New Zealand remained focused on the target of getting back into surplus in 2014-15, Finance Minister Bill English said from Frankfurt last night after the Government's audited accounts for the last financial year were published yesterday.
He said Government expenditure was under control and needed to stay that way with revenue being more uncertain.
It was clear that New Zealand was a lot better off than many other countries.
"The current outlook is a bit of a challenge but we remain focused on that target," he said.
"To stay on track we need to keep control of the expenditure as we go through a modest adjustment compared to a lot of other countries."
One of the biggest differences with Europe was that New Zealand actually had growth - 2 to 3 per cent - and Britain and Europe were looking at virtually none.
Last week, Mr English visited Britain, which is in the middle of a protracted recession. His counterpart, George Osborne, this week indicated it could take another six years to recover and proposed even greater cuts to the welfare bill.
Mr English said the pair discussed quantitative easing - creating currency - which is now being advocated by the Green Party as appropriate for New Zealand.
"There are big risks with it and it is just barmy to suggest that in an economy growing at all that you would do it," Mr English said.
"It is being done in these other economies to avoid a persistent, deep recession. We're not in that situation."
He rejected claims from Labour and the Greens that New Zealand was in a manufacturing crisis, though he admitted it was "pretty tough".
Manufacturers deserved credit for maintaining jobs at about 250,000 despite four or five years of a relatively high exchange rate.

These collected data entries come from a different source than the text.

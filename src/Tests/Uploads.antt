-- ===== src/Tests/Uploads.antt =====
-- The storage and the upload of a document, with a digest that is always the same.
use banking_ai_platform.Prelude.{
  ℕ, String, size, true, some, List, [], ◌∷◌, ◌++◌, ◌≡◌, refl, contains, length,
}
use banking_ai_platform.Core.Errors.{Exn, other, Result, ok, err}
use banking_ai_platform.Core.Rbac.{permission_value, document_upload, parse_role, role_permissions}
use banking_ai_platform.Core.Security.{Principal}
use banking_ai_platform.Db.Documents.{Document}
use banking_ai_platform.Db.Session.{empty_database}
use banking_ai_platform.Api.Deps.{current_principal, require_permissions}
use banking_ai_platform.Api.Documents.{UploadForm, upload, serve}
use banking_ai_platform.Api.Documents.Accepted.{IsUploaded}
use banking_ai_platform.Api.Documents.Uploads.{HasTables, Remains, serve-uploads}
use banking_ai_platform.Services.Storage.{Files, content_key, path_of, put, get}
use banking_ai_platform.Services.Storage.Paths.{IsDigest, home, path_of-content_key, get-put}
use banking_ai_platform.Services.Documents.Ingest.{Library, Pipeline}
use banking_ai_platform.Tests.Models.{live}
use banking_ai_platform.Tests.Requests.{one_token, from_officer}

abbrev objects : List String
objects = "tmp" ∷ "banking-ai-objects" ∷ []

abbrev no_text : String → String → String
no_text name path = ""

ab-IsDigest : IsDigest "ab"
ab-IsDigest = (((refl, (refl, (refl, tt))), refl), refl)

path_of-content_key_example :
    path_of objects (content_key "ab" "../../etc/passwd")
    ≡ ok (home objects "ab" "../../etc/passwd")
path_of-content_key_example = path_of-content_key objects "ab" "../../etc/passwd" ab-IsDigest

passwd_home : home objects "ab" "../../etc/passwd" ≡ objects ++ ("ab" ∷ "passwd" ∷ [])
unfolding content_key
passwd_home = refl

-- A file that is called `..` leads to the root itself, where no file can be written.
dots_home : home objects "ab" ".." ≡ objects
unfolding content_key
dots_home = refl

abbrev one_file : Files
one_file = ("/tmp/banking-ai-objects/ab/a.txt", 1 ∷ 2 ∷ []) ∷ []

get-put_example : get no_text objects "ab/a.txt" one_file ≡ ok (1 ∷ 2 ∷ [])
unfolding put
get-put_example = get-put no_text objects "ab/a.txt" (1 ∷ 2 ∷ []) [] one_file refl

abbrev plain : Pipeline ℕ
plain = record {
  sha256 = λ bytes. "ab";
  decode = λ bytes. "some words to keep";
  embed = λ text. size text ∷ [];
  dimensions = 1;
  os_text = no_text;
  root = objects;
  flush = λ lib. ok tt;
  commit = λ lib. ok tt;
}

-- A database that cannot commit.
abbrev closing : Pipeline ℕ
closing = record plain { commit = λ lib. err (other "InterfaceError" "connection is closed") }

abbrev empty_library : Library ℕ
empty_library = record {
  db = empty_database;
  documents = [];
  document_chunks = [];
  embeddings = [];
  files = [];
  vectors = [];
}

abbrev notes : UploadForm
notes = record {
  filename = some "notes.txt";
  content_type = some "text/plain";
  bytes = 104 ∷ 105 ∷ [];
  kind = "generic";
}

abbrev uploaded : Result Document × Library ℕ
uploaded = serve plain (λ id. ok 7) one_token live 200 (upload notes) from_officer empty_library

serve-uploads_example :
    ((d : Document)
      → uploaded.0 ≡ ok d
      → (p : Principal) × (current_principal one_token live 200 from_officer ≡ ok p)
        × (contains p.permissions (permission_value document_upload) ≡ true)
        × IsUploaded plain (λ id. ok 7) notes p from_officer empty_library d uploaded.1
        × (plain.commit uploaded.1 ≡ ok tt))
    × ((e : Exn)
        → uploaded.0 ≡ err e
        → HasTables plain
            (λ id. ok 7)
            one_token
            live
            200
            notes
            from_officer
            empty_library
            uploaded.1
          × Remains plain
              (λ id. ok 7)
              one_token
              live
              200
              notes
              from_officer
              empty_library
              uploaded.1)
serve-uploads_example =
    serve-uploads plain (λ id. ok 7) one_token live 200 notes from_officer empty_library

vectors_written : length uploaded.1.vectors ≡ 1
unfolding serve require_permissions parse_role role_permissions
vectors_written = refl

-- Where the commit fails, the file and the records stay without their rows.
orphans :
    let after =
      (serve closing (λ id. ok 7) one_token live 200 (upload notes) from_officer empty_library).1 in
    (after.documents ≡ []) × (length after.files ≡ 1) × (length after.vectors ≡ 1)
unfolding serve require_permissions parse_role role_permissions
orphans = (refl, refl, refl)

"We are doing everything we can to create more jobs and make our manufacturers more competitive."
Speaking about the accounts, Labour leader David Shearer said that after four years, New Zealanders "are working harder but going backwards".
National's claim to be a credible manager of the books had been blown out of the water with its operating deficit being $800 million more than it forecast in May.
Q&A: Snapshot of the books Year ended June, 2012
What's the overall position?
The operating deficit, excluding gains and losses, was $9.24 billion, about half of last year's record $18.39 billion deficit because the earthquake costs were less, and more than the $8.44 billion deficit forecast in the Budget.
What if the earthquake expenses were taken out?
The operating deficit for the year just ended would have been $7.3 billion and the year before it would have been $9.3 billion.
What was better than last year?
Tax revenue was up by $3.5 billion and Core Crown expenses fell by $1.4 billion.
What was worse?
The write-down in KiwiRail's value in June was not factored in the May Budget forecasts and affected the operating balance.
What is the debt/ borrowing situation?
Net debt is $50.67 billion, or 24.8 per cent of GDP, slightly less than forecast in May. The Government receives $15.1 billion from issuing domestic market bonds, or $302 million a week.